Non voglio farti cambiare idea. Ma non puoi lasciarlo stare? Posta le sue canzoni e ha tanto coraggio nel farlo.
Fosse un handicappato sarebbe invitato da Fazio immediatamente.
Fosse un africano che rappa ammazzo tutti, idem.
Invece è un signore italiano, allora fa ribrezzo.
Questo non è altro che bullismo verso il debole, come se fosse in classe e tutti i compagni gli dicono che è brutto e stupido. Non ci arrivi? Non vedi che stai sdoganando un *bullismo*, solo "perchè è uno sfigato" ?


----------



## fabri47 (1 Marzo 2020)

Ragazzi, semplicemente, c'è a chi piace e chi no. Siamo in democrazia, se un cantante ci piace è giusto dirlo, senza aver paura, se non ci piace altrettanto, basta però che non si perda il filo del discorso finendo per fare tanti post off topic volti a discutere sui gusti altrui.

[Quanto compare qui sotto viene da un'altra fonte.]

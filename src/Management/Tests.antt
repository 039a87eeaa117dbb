-- ===== src/Management/Tests.antt =====
-- The chain of managers on a map with a cycle.
use kanbrick_v.Common.{
  ◌≡◌, ◌↔◌, suc, refl, true, List, [], ◌∷◌, codes, some, contains, text_eq, length,
}
use kanbrick_v.Management.{ManagerOf, climb, ancestors}
use kanbrick_v.Management.Chain.{Above, contains-ancestors_iff}

abbrev firm : ManagerOf
firm = (codes "ann", codes "bob") ∷ (codes "bob", codes "cy") ∷ (codes "cy", codes "bob") ∷ []

ancestors_of_ann : ancestors firm (codes "ann") ≡ codes "bob" ∷ codes "cy" ∷ []
unfolding ancestors climb kanbrick_v.Common.lookup kanbrick_v.Common.text_beq contains
ancestors_of_ann = refl

contains-ancestors_iff_example :
    (contains (ancestors firm (codes "ann")) (codes "cy") ≡ true)
    ↔ Above firm (codes "ann") (codes "cy")
contains-ancestors_iff_example = contains-ancestors_iff firm (codes "ann") (codes "cy")
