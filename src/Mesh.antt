-- ===== src/Mesh.antt =====
-- kanbrick-mesh: the host of the guests, its scheduler and its event bus.
pub mod Abi
pub mod Error
pub mod Task
pub mod Scheduler
pub mod EventBus
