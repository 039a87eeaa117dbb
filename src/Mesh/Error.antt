-- ===== src/Mesh/Error.antt =====
-- kanbrick-mesh/src/error.rs: `MeshError`, its text, and its passage to the core error.
use kanbrick_v.Common.{Text, codes, ◌++◌}
use kanbrick_v.Core.Error.{Error, not_found, internal}

pub data MeshError : Type 0 where
  engine link guest_not_found : Text → MeshError
  timeout : (name : Text) → MeshError
  compile instantiate trap resource_limited bad_output : (name detail : Text) → MeshError
  missing_export : (name export detail : Text) → MeshError

-- `debug` is the quoted form that the standard library gives a string under `{:?}`.
module _ (debug : Text → Text) where
  unfoldable pub mesh_error_text : MeshError → Text
  mesh_error_text (engine t) = codes "failed to create wasm engine: " ++ t
  mesh_error_text (compile name detail) =
      codes "failed to compile guest module " ++ debug name ++ codes ": " ++ detail
  mesh_error_text (link t) = codes "failed to link host functions: " ++ t
  mesh_error_text (instantiate name detail) =
      codes "failed to instantiate guest " ++ debug name ++ codes ": " ++ detail
  mesh_error_text (missing_export name export detail) =
      codes "guest "
      ++ debug name
      ++ codes " is missing the required export "
      ++ debug export
      ++ codes ": "
      ++ detail
  mesh_error_text (trap name detail) = codes "guest " ++ debug name ++ codes " trapped: " ++ detail
  mesh_error_text (timeout name) = codes "guest " ++ debug name ++ codes " timed out and was killed"
  mesh_error_text (resource_limited name detail) =
      codes "guest " ++ debug name ++ codes " exceeded its resource limits: " ++ detail
  mesh_error_text (bad_output name detail) =
      codes "guest " ++ debug name ++ codes " returned an invalid result region: " ++ detail
  mesh_error_text (guest_not_found name) = codes "no guest registered under the name " ++ debug name

  -- `From<MeshError> for kanbrick_core::Error`
  unfoldable pub to_core_error : MeshError → Error
  to_core_error (guest_not_found name) = not_found (codes "guest " ++ debug name)
  to_core_error e = internal (mesh_error_text e)
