-- ===== src/Mesh/EventBus.antt =====
-- kanbrick-mesh/src/event.rs: the bus, its subscriptions and its replayable log. A handler is named
-- by a value of the type `H`, and what `emit` and `replay` hand to handlers is returned in order.
pub mod Log
mod Tests
use kanbrick_v.Common.{
  ℕ, ◌+◌, ◌-◌, ◌%◌, ◌^◌, zero, suc, Text, text_beq, List, [], ◌∷◌, ◌++◌, map, retain, length,
  Option, none, some, Bool, true, not, nat_beq, if◌then◌else◌, ltb,
}
use kanbrick_v.Mesh.Abi.{Event}

pub record Subscription (H : Type 0) : Type 0 where
  pub id : ℕ
  pub kind : Text
  pub handler : H

-- `Inner`, the state behind the lock
pub record EventBus (H : Type 0) : Type 0 where
  pub log : List Event
  pub subscriptions : List (Subscription H)
  pub next_id : ℕ
  pub capacity : Option ℕ

-- `Vec::drain` of a front, and `skip`
abbrev pub drop : ℕ → List Event → List Event
drop zero xs = xs
drop (suc n) [] = []
drop (suc n) (x ∷ xs) = drop n xs

-- The log after the eviction of its oldest events
abbrev pub bounded : Option ℕ → List Event → List Event
bounded none log = log
bounded (some capacity) log =
    if ltb capacity (length log) then drop (length log - capacity) log else log

abbrev pub kind_matches : Option Text → Event → Bool
kind_matches none e = true
kind_matches (some k) e = text_beq e.kind k

module _ {H : Type 0} where
  -- `EventBus::new`
  abbrev pub new_bus : EventBus H
  new_bus = record { log = []; subscriptions = []; next_id = 0; capacity = none }

  -- `EventBus::with_capacity`
  abbrev pub with_capacity : ℕ → EventBus H
  with_capacity capacity = record new_bus {
    capacity = some (if ltb capacity 1 then 1 else capacity);
  }

  -- `EventBus::subscribe`: the id, and the bus
  unfoldable pub subscribe : Text → H → EventBus H → ℕ × EventBus H
  subscribe kind handler bus = (
    bus.next_id,
    record bus {
      next_id = (bus.next_id + 1) % 2 ^ 64;
      subscriptions =
          bus.subscriptions ++ record { id = bus.next_id; kind = kind; handler = handler } ∷ [];
    },
  )

  -- `EventBus::unsubscribe`
  unfoldable pub unsubscribe : ℕ → EventBus H → EventBus H
  unsubscribe i bus = record bus {
    subscriptions = retain (λ s. not (nat_beq s.id i)) bus.subscriptions;
  }

  -- `EventBus::emit`: the handlers that are notified, in order, and the bus
  unfoldable pub emit : Event → EventBus H → List H × EventBus H
  emit event bus = (
    map (λ s. s.handler) (retain (λ s. text_beq s.kind event.kind) bus.subscriptions),
    record bus { log = bounded bus.capacity (bus.log ++ event ∷ []) },
  )

  -- `EventBus::history`
  abbrev pub history : EventBus H → List Event
  history bus = bus.log

  -- `EventBus::replay`: the events that the handler is given, in order
  unfoldable pub replay : Option Text → EventBus H → List Event
  replay kind bus = retain (kind_matches kind) bus.log

  -- `emit`, for each event of a list
  abbrev pub emit_all : List Event → EventBus H → EventBus H
  emit_all [] bus = bus
  emit_all (e ∷ es) bus = emit_all es (emit e bus).1
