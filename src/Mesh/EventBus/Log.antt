-- ===== src/Mesh/EventBus/Log.antt =====
-- kanbrick-mesh/src/event.rs: what the log keeps, and who is notified.
use kanbrick_v.Common.{
  ℕ, ◌+◌, ◌-◌, ◌≤◌, zero, suc, ◌≡◌, refl, sym, ap, ◌∙◌, subst, arith, List, [], ◌∷◌, ◌++◌, length,
  length-append, append_assoc, append-nil, some,
}
use kanbrick_v.Mesh.Abi.{Event}
use kanbrick_v.Mesh.EventBus.{EventBus, drop, bounded, emit, emit_all}

length-drop : (n : ℕ) (xs : List Event) → length (drop n xs) ≡ length xs - n
length-drop zero xs = omega arith
length-drop (suc n) [] = omega arith
length-drop (suc n) (x ∷ xs) = omega (arith, length-drop n xs)

drop-append : (n : ℕ) (xs ys : List Event) → n ≤ length xs → drop n (xs ++ ys) ≡ drop n xs ++ ys
drop-append zero xs ys h = refl
drop-append (suc n) [] ys h = absurd (omega arith)
drop-append (suc n) (x ∷ xs) ys h = drop-append n xs ys (omega arith)

drop-nil : (n : ℕ) → drop n [] ≡ []
drop-nil zero = refl
drop-nil (suc n) = refl

drop-drop : (m n : ℕ) (xs : List Event) → drop m (drop n xs) ≡ drop (n + m) xs
drop-drop m zero xs = ap (λ k. drop k xs) (omega arith)
drop-drop m (suc n) [] = drop-nil m ∙ sym (drop-nil (suc n + m))
drop-drop m (suc n) (x ∷ xs) =
    drop-drop m n xs ∙ ap (λ k. drop k (x ∷ xs)) {x = suc (n + m)} {y = suc n + m} (omega arith)

-- The most recent events, as many as the capacity allows
abbrev pub recent : ℕ → List Event → List Event
recent capacity xs = drop (length xs - capacity) xs

bounded_recent : (capacity : ℕ) (xs : List Event) → bounded (some capacity) xs ≡ recent capacity xs
bounded_recent capacity xs = ground arith

-- Evicting as each event comes keeps what evicting at the end would keep.
recent-append :
    (capacity : ℕ) (xs ys : List Event)
    → recent capacity (recent capacity xs ++ ys) ≡ recent capacity (xs ++ ys)
recent-append capacity xs ys =
    ap (recent capacity) (sym joined)
    ∙ drop-drop (length (drop (length xs - capacity) (xs ++ ys)) - capacity) (length xs - capacity)
        (xs ++ ys)
    ∙ ap (λ k. drop k (xs ++ ys)) same
  where
    joined : drop (length xs - capacity) (xs ++ ys) ≡ drop (length xs - capacity) xs ++ ys
    joined = drop-append (length xs - capacity) xs ys (omega arith)

    same :
        length xs - capacity + (length (drop (length xs - capacity) (xs ++ ys)) - capacity)
        ≡ length (xs ++ ys) - capacity
    same = omega (arith, length-drop (length xs - capacity) (xs ++ ys), length-append xs ys)

recent-within : (capacity : ℕ) (xs : List Event) → length xs ≤ capacity → recent capacity xs ≡ xs
recent-within capacity xs h = ap (λ k. drop k xs) {x = length xs - capacity} {y = 0} (omega arith)

length-recent : (capacity : ℕ) (xs : List Event) → length (recent capacity xs) ≤ capacity
length-recent capacity xs = omega (arith, length-drop (length xs - capacity) xs)

module _ {H : Type 0} where
  emit-log :
      (capacity : ℕ) (x : Event) (bus : EventBus H)
      → bus.capacity ≡ some capacity
      → (emit x bus).1.log ≡ recent capacity (bus.log ++ x ∷ [])
  unfolding emit
  emit-log capacity x bus e =
      ap (λ c. bounded c (bus.log ++ x ∷ [])) e ∙ bounded_recent capacity (bus.log ++ x ∷ [])

  emit-capacity : (x : Event) (bus : EventBus H) → (emit x bus).1.capacity ≡ bus.capacity
  unfolding emit
  emit-capacity x bus = refl

  -- The log of a bus whose log is within its capacity is, after any events are emitted, the most
  -- recent events, as many as the capacity, of the log that it had followed by those events.
  pub emit_all-log :
      (capacity : ℕ) (events : List Event) (bus : EventBus H)
      → bus.capacity ≡ some capacity
      → length bus.log ≤ capacity
      → (emit_all events bus).log ≡ recent capacity (bus.log ++ events)
  emit_all-log capacity [] bus e h =
      sym (recent-within capacity bus.log h) ∙ ap (recent capacity) (sym (append-nil bus.log))
  emit_all-log capacity (x ∷ events) bus e h =
      emit_all-log capacity events (emit x bus).1 (emit-capacity x bus ∙ e) (
        subst (λ l. length l ≤ capacity) (sym (emit-log capacity x bus e))
          (length-recent capacity (bus.log ++ x ∷ [])))
      ∙ ap (λ l. recent capacity (l ++ events)) (emit-log capacity x bus e)
      ∙ recent-append capacity (bus.log ++ x ∷ []) events
      ∙ ap (recent capacity) (append_assoc bus.log (x ∷ []) events)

Io ho fatto questo topic, semplicemente perchè il signor Bini è diventato un "fenomeno" mediatico nel mondo del web, in particolare Youtube, e quindi ho trovato giusto giusto farlo presente anche qui e magari conoscere il vostro parere. Così come posto anche canzoni di Rovazzi, che a me non piace. La citazione di Rovazzi non è casuale e dimostra come il mondo della musica sia cambiato, visto che sia lui che Bini provengono da esperienze lavorative diverse dalla musica. Ragionando, la differenza tra loro due è il budget a disposizione, semplicemente.

Torniamo a commentare Domenico Bini  .


----------



## Super_Lollo (2 Marzo 2020)

FiglioDelDioOdino ha scritto:


> Non voglio farti cambiare idea. Ma non puoi lasciarlo stare? Posta le sue canzoni e ha tanto coraggio nel farlo.
> Fosse un handicappato sarebbe invitato da Fazio immediatamente.
> Fosse un africano che rappa ammazzo tutti, idem.
> Invece è un signore italiano, allora fa ribrezzo.
> Questo non è altro che bullismo verso il debole, come se fosse in classe e tutti i compagni gli dicono che è brutto e stupido. Non ci arrivi? Non vedi che stai sdoganando un *bullismo*, solo "perchè è uno sfigato" ?



No ragazzi qui c'è un problema di fondo, e se permettete son 20 anni che è il mio lavoro. 

Il personaggio in questione non è ne un musicista ne una persona con una minima base musicale per poter fare questo lavoro. 
E' diventato " famoso" solo perchè su Youtube lo trattano come uno scemo facendogli credere di essere bravo, vi ripeto è come quando c'era il ciccione che mangiava 200 focaccine e ci faceva il video e tutti lo chiamavano maestro. 

Qui la situazione è la medesima, lui è preso per il culo da migliaia di persone che gli fanno credere di essere bravo in quello che fa ma in realtà è completamente ignorante. 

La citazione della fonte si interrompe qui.